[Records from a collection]
^^^^^^^^

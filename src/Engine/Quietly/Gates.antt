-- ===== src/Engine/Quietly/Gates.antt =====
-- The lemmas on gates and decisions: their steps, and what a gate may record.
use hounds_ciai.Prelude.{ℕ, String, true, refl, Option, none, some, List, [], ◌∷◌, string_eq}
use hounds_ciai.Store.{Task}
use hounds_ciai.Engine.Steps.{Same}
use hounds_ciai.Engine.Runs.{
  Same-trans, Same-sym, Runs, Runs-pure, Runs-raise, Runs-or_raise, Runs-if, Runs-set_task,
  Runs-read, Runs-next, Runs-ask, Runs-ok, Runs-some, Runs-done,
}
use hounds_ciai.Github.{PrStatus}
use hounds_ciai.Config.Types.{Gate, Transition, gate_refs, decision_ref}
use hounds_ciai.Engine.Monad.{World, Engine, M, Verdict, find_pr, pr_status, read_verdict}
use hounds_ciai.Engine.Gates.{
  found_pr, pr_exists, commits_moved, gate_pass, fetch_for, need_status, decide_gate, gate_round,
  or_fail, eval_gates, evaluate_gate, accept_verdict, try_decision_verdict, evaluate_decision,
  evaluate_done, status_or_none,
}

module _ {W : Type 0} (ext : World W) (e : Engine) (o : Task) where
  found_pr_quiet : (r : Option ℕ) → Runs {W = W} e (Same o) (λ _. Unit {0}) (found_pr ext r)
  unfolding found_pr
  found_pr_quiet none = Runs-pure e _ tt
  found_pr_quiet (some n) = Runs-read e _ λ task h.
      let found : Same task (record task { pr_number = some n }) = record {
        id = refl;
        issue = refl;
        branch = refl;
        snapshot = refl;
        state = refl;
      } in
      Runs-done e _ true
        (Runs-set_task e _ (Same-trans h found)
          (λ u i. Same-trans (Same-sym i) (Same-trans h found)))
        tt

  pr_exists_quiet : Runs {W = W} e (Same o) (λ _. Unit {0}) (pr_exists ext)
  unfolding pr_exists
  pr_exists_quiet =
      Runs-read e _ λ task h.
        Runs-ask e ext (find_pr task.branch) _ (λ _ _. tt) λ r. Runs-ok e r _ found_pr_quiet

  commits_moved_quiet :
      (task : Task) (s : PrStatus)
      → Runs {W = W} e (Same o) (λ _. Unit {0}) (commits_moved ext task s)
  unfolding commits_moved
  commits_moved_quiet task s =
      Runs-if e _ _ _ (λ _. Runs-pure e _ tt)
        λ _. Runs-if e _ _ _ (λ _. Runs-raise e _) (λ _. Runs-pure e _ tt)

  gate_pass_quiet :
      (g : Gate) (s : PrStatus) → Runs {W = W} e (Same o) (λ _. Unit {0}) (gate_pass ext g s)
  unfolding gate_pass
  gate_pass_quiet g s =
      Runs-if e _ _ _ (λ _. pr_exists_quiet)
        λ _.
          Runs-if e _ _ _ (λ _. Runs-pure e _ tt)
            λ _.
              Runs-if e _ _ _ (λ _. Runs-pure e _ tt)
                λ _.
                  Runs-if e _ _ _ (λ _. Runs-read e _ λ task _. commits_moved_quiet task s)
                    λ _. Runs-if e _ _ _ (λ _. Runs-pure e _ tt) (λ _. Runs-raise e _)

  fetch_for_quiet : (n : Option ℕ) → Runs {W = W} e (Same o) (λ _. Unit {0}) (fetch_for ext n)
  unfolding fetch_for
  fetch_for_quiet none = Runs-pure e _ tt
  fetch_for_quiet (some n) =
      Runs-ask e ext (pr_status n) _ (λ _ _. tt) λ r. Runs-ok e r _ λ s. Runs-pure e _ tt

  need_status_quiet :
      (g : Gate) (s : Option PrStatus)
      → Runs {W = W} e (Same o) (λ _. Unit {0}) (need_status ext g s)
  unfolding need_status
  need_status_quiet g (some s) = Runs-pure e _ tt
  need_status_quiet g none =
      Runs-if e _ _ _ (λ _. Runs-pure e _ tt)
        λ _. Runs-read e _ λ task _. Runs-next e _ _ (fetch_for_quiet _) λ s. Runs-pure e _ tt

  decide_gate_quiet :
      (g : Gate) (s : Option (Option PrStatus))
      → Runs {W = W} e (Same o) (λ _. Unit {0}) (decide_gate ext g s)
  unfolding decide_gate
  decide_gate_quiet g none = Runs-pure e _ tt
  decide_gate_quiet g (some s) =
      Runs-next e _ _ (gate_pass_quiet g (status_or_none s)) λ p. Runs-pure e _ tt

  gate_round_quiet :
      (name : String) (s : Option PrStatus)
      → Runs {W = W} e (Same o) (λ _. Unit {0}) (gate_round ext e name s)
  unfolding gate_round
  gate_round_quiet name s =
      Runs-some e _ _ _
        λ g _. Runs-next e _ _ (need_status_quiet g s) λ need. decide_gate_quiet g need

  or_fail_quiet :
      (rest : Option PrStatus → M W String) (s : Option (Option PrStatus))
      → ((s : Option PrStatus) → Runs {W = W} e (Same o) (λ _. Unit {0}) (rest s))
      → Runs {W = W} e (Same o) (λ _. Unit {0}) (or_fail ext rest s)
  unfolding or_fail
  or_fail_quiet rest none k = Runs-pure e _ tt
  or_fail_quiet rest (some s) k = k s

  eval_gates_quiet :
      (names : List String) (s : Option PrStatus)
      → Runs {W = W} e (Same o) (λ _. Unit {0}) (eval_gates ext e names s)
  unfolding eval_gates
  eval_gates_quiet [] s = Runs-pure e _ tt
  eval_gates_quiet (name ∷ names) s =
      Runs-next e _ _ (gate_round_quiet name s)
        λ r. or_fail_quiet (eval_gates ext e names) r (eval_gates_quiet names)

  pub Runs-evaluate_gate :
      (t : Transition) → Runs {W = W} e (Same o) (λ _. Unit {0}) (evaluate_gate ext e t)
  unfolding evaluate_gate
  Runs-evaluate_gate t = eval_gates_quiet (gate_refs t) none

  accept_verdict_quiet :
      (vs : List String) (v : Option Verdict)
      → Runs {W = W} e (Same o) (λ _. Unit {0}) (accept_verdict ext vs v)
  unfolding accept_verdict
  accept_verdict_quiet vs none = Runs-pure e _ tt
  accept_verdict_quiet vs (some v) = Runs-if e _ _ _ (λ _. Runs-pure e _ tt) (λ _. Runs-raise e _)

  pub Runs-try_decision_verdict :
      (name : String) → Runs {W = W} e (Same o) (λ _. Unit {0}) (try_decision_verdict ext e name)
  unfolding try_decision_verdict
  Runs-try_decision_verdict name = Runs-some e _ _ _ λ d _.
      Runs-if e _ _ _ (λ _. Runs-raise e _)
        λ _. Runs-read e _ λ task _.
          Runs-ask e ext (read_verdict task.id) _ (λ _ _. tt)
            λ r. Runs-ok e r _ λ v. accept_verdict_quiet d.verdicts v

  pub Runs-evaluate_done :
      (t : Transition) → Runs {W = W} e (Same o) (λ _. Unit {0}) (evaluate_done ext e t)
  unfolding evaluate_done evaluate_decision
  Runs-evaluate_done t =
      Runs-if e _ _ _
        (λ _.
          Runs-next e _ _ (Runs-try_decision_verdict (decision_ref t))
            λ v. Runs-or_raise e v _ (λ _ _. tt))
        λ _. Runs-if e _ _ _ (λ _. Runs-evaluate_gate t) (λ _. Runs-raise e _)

^^^^^^^^

Instructions to follow
Tell how many lines in the records above contain "true", giving the number and no other words.

Response to the task
2